Leading with lived experience

Big Brothers Big Sisters Ottawa’s Director of Programs and Community Partnerships Brianna Dusome is guiding PRISM. 

They organize focus groups for children and youth to have a voice in the mentoring programs and support they receive. The focus groups impact the growth and evolution of the BBBSO agency, to provide equitable services and to support the diverse and unique needs of each individual and family in our community.

They say they lead with lived experience.

“I am passionate about this work,” said Brianna, who identifies as a Non-binary, Afro-Indigenous, Transracial adoptee.

“In my life, I have been impacted by formal and informal mentoring. This informs who I am as a person. Mentoring, informal or formal, is important for the development of children and youth—to see themselves represented, for them to be around people who get it and to build those skills and capacity to expand their networks of support. I think that creating different programs where there are people that have walked, and are still walking, a similar path, is really important.”

According to BBBSO, research shows that formal mentoring programs are a powerful, protective factor for 2SLGBTQ+ youth as they develop their own unique sense of self.
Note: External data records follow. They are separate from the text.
-- ===== src/Replication/Lost.antt =====
-- A backup that has missed a packet of its primary (propagateTransaction and handleStateUpdate in
-- T1/server/Server.cpp): nothing is sent again.
pub mod Runs
use mathlib.Core.List.{append-nil}
use sis_op_ii.Common.{
  ℕ, suc, ◌+◌, ◌^◌, ◌<◌, ◌≡◌, refl, sym, ap, subst, ◌∙◌, inl, inr, Bool, true, false, Option, none,
  some, List, [], ◌∷◌, ◌++◌, arith, length, length-append, if◌then◌else◌, ◌>>=◌, Option-cases,
  some_inj, OnSome, OnSome-some, OnSome-then, OnSome-pure,
}
use sis_op_ii.Common.Word.{to_int}
use sis_op_ii.Protocol.{
  ServerRole, TransactionStatus, PacketType, packet_code, Transaction, Packet, SockAddr,
}
use sis_op_ii.Protocol.CharArray.{c_string}
use sis_op_ii.Platform.{Platform, NetLaws, read_req, read_state_update, read_client_update}
use sis_op_ii.Server.State.{Server, Send, send_to_all}
use sis_op_ii.Server.Clients.{find_client, write, set_balance, set_last_request}
use sis_op_ii.Server.Registration.{
  handle_state_update, handle_client_update, take_client, find_or_add,
}
use sis_op_ii.Server.Election.{Reaction, silent}
use sis_op_ii.Server.Dispatch.{handle_packet, dispatch}
use sis_op_ii.Server.Dispatch.Types.{dispatch-type}
use sis_op_ii.Protocol.{is_backup}
use sis_op_ii.Replication.Delivery.{
  same_addr, times, delivered, delivered-append, delivered-send_to_all, delivered-elsewhere,
  times-append,
}
use sis_op_ii.Replication.Sync.{receive_all, receive_all-append}
use sis_op_ii.Replication.Transactions.{Levels, process_transaction-Replicates}
use sis_op_ii.Replication.Joins.{add_client-JoinLevels}
use sis_op_ii.Server.Transactions.{Outcome, transaction_ack, handle_transaction_request}
use sis_op_ii.Server.Registration.{
  add_client, discovery_ack, handle_discovery_packet, register_backup, sync_packets,
}
use sis_op_ii.Replication.Run.{
  Input, arrival, request, registration, serve, serve_all, IsRegular, AllRegular,
}
use sis_op_ii.Replication.Run.Taken.{
  process_transaction-role, add_client-role, receive-reply, dispatch-discovery_ack,
  dispatch-transaction_ack, receive-update, taken-follows,
}
use sis_op_ii.Replication.Mirrors.{Mirrors}

module _ {W : Type 0} ⦃p : Platform W⦄ where
  abbrev pub history : Server W → List Transaction
  history s = s.transaction_history

  pub state_update-history :
      (b b' : Server W) (packet : Packet W)
      → handle_state_update b packet ≡ some b'
      → history b' ≡ history b ++ (read_state_update packet.contents).transaction ∷ []
  unfolding handle_state_update
  state_update-history b b' packet e =
      let u = read_state_update packet.contents in
      OnSome-some (λ b'. history b' ≡ history b ++ u.transaction ∷ [])
        (handle_state_update b packet) b'
        (OnSome-then _ (c_string u.source_ip) _ λ source_ip.
          OnSome-then _ (c_string u.dest_ip) _ λ dest_ip.
            let r = find_or_add source_ip b.clients in
            let q = find_or_add dest_ip r.0 in
            OnSome-then _ (if q.2 then none else r.1) _ λ i. OnSome-then _ q.1 _ λ j.
              OnSome-then _ (write i (set_balance u.source_balance) q.0) _ λ debited.
                OnSome-then _ (write j (set_balance u.dest_balance) debited) _ λ credited.
                  OnSome-then _ (write i (set_last_request u.transaction.client_seqn) credited) _
                    λ clients. OnSome-pure _ _ refl)
        e

  pub client_update-history :
      (b b' : Server W) (packet : Packet W)
      → handle_client_update b packet ≡ some b'
      → history b' ≡ history b ++ []
  unfolding handle_client_update take_client
  client_update-history b b' packet e =
      let u = read_client_update packet.contents in
      OnSome-some (λ b'. history b' ≡ history b ++ []) (handle_client_update b packet) b'
        (OnSome-then _ (c_string u.ip) _ λ ip.
          OnSome-pure _ _ (elim (Option-cases (find_client ip b.clients)) [
            | inl none_there ↦ rw (take_client, none_there) (sym (append-nil (history b)))
            | inr (i, known) ↦ rw (take_client, known) (sym (append-nil (history b)))
          ]))
        e

  pub Mirrors_self : (s : Server W) → Mirrors s s
  Mirrors_self s = record {
    clients = refl;
    history = refl;
    transactions = refl;
    transferred = refl;
    money = refl;
  }

  -- The histories of the primary and of the backup grow by the same entries.
  abbrev pub Grown : Server W → Server W → Server W → Server W → Type 0
  Grown s b s' b' =
      (new : List Transaction) × (history s' ≡ history s ++ new) × (history b' ≡ history b ++ new)

  -- What a primary and its backup do with one input.
  abbrev pub Follows : Server W → Server W → Server W → Server W → Type 0
  Follows s b s' b' = (b'.current_role ≡ ServerRole.backup) × Grown s b s' b'

  abbrev pub quietly : Option (Server W) → Option (Reaction W)
  quietly handled = handled >>= λ s'. some (silent s')

  module _ (laws : NetLaws W) (back from : SockAddr) where
    receive-fault :
        (s b : Server W) (packet reply : Packet W) (client : SockAddr)
        → times back s.backup_servers ≡ 1
        → dispatch b packet from ≡ none
        → receive_all b
            (delivered back (send_to_all packet s.backup_servers ++ (reply, client) ∷ []))
            from
          ≡ none
    unfolding receive_all
    receive-fault s b packet reply client once fault =
        rw
          (
            delivered-append back (send_to_all packet s.backup_servers) ((reply, client) ∷ []),
            delivered-send_to_all back packet s.backup_servers,
            once,
            fault,
          )
          refl

    pub state_update-dispatch :
        (b : Server W) (packet : Packet W)
        → packet.type ≡ p.htons (packet_code PacketType.state_update)
        → b.current_role ≡ ServerRole.backup
        → dispatch b packet from ≡ quietly (handle_state_update b packet)
    unfolding handle_packet
    state_update-dispatch b packet typed follows =
        dispatch-type laws b packet from PacketType.state_update typed
        ∙ ap
            (λ role.
              if is_backup role then quietly (handle_state_update b packet) else some (silent b))
            follows

    pub client_update-dispatch :
        (b : Server W) (packet : Packet W)
        → packet.type ≡ p.htons (packet_code PacketType.add_client_update)
        → b.current_role ≡ ServerRole.backup
        → dispatch b packet from ≡ quietly (handle_client_update b packet)
    unfolding handle_packet
    client_update-dispatch b packet typed follows =
        dispatch-type laws b packet from PacketType.add_client_update typed
        ∙ ap
            (λ role.
              if is_backup role then quietly (handle_client_update b packet) else some (silent b))
            follows

    -- The packets of an input that has sent one update, and a reply that the backup ignores.
    pub Grown-update :
        (s b s' b' : Server W) (packet reply : Packet W) (client : SockAddr)
        (handled : Option (Server W)) (new : List Transaction)
        → times back s.backup_servers ≡ 1
        → b.current_role ≡ ServerRole.backup
        → dispatch b packet from ≡ quietly handled
        → history s' ≡ history s ++ new
        → ((b1 : Server W) → handled ≡ some b1 → history b1 ≡ history b ++ new)
        → ((b : Server W) → dispatch b reply from ≡ some (silent b))
        → receive_all b
            (delivered back (send_to_all packet s.backup_servers ++ (reply, client) ∷ []))
            from
          ≡ some b'
        → Follows s b s' b'
    Grown-update s b s' b' packet reply client none new once follows taken more grows ignored
          received =
        absurd (cc (received, receive-fault s b packet reply client once taken))
    Grown-update s b s' b' packet reply client (some b1) new once follows taken more grows ignored
          received =
        let same : b1 ≡ b' = some_inj (
          sym (receive-update laws back from s b b1 packet reply client once taken (ignored b1))
          ∙ received) in
        subst (Follows s b s') same
          (taken-follows laws back from b b1 packet taken follows, (new, more, grows b1 refl))

    -- Any other packets leave the history alone on both sides.
    pub Grown-same :
        (s b s' b' : Server W) (packets : List (Packet W))
        → b.current_role ≡ ServerRole.backup
        → history s' ≡ history s
        → receive_all b packets from ≡ some b
        → receive_all b packets from ≡ some b'
        → Follows s b s' b'
    Grown-same s b s' b' packets follows same takes received =
        subst (Follows s b s') (some_inj (sym takes ∙ received))
          (follows, ([], same ∙ sym (append-nil (history s)), sym (append-nil (history b))))

    -- What a primary does with one input, and its backup with the packets of it.
    pub Goes : Server W → Option (Server W × List (Send W)) → Type 0
    Goes s r =
        (s' : Server W) × (sent : List (Send W)) × (r ≡ some (s', sent))
        × (s'.current_role ≡ ServerRole.primary)
        × (times back s'.backup_servers ≡ 1)
        × ((b b' : Server W)
            → b.current_role ≡ ServerRole.backup
            → receive_all b (delivered back sent) from ≡ some b'
            → Follows s b s' b')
“With our identity, we have different intersections, and it can be really hard to understand that and to make sense of it. Having a mentor can help with that,” Brianna continued. “It can help you understand the intersections and how there is space for it all in your identity. You can be biracial. You can be an adoptee and navigate being in two families. You can be two-spirit and LGBTQ+. All are important parts of who you are.”

Brianna adds, having someone who is further along in their understanding of intersectionality of identity to help navigate is a big advantage.

And it’s not just the mentees that get the benefit of the Big-Little relationship, says Sandra.

“[Teigan’s] going through this in 2022, so the world has completely changed [from when I was her age]. I’m so impressed with her and her friends and the way that they’re not satisfied with the status quo, they’re always pushing the boundaries. I learn new terminology. I learn, just this new way of acceptance through her and her peers, that I didn’t get to experience when I was her age. So, I am absolutely loving it. She’s teaching me something new every day.”

Finding and connecting 2SLGBTQ+ Bigs and Littles

When seeking mentors, Brianna says BBBSO looks for people who are able to meet mentees where they are on their journeys.

“Seeing a mentee who sees themselves represented in a mentor—seeing their enthusiasm and excitement for life and for their journey—is really impactful and shows that the work we are doing is having a positive impact on the community.”

Brianna says the positive results they see pushes them to strive to evolve and continue to meet the diverse and unique needs within our communities. As PRISM evolves, Brianna says they plan to hold focus groups to convene with people who are already a part of their programs, but also through community partnerships.

“We want youth to have a role and a voice in implementing impactful mentoring programs.”

Teigan and Sandra, Big Brothers Big Sisters Ottawa

For a community to be great, it must be great for everyone

Whether you identify as 2SLGBTQ+ or are just someone who stands up for inclusion, everyone is on their own unique path to pride. United Way is committed to fostering open and inclusive communities—this means helping create safe spaces where kids and families can talk about their experiences, be supported and represented.

Thanks to our donors, we can invest funds where they are needed most and will have the greatest impact. Together, we can ensure our 2SLGBTQ+ community thrives.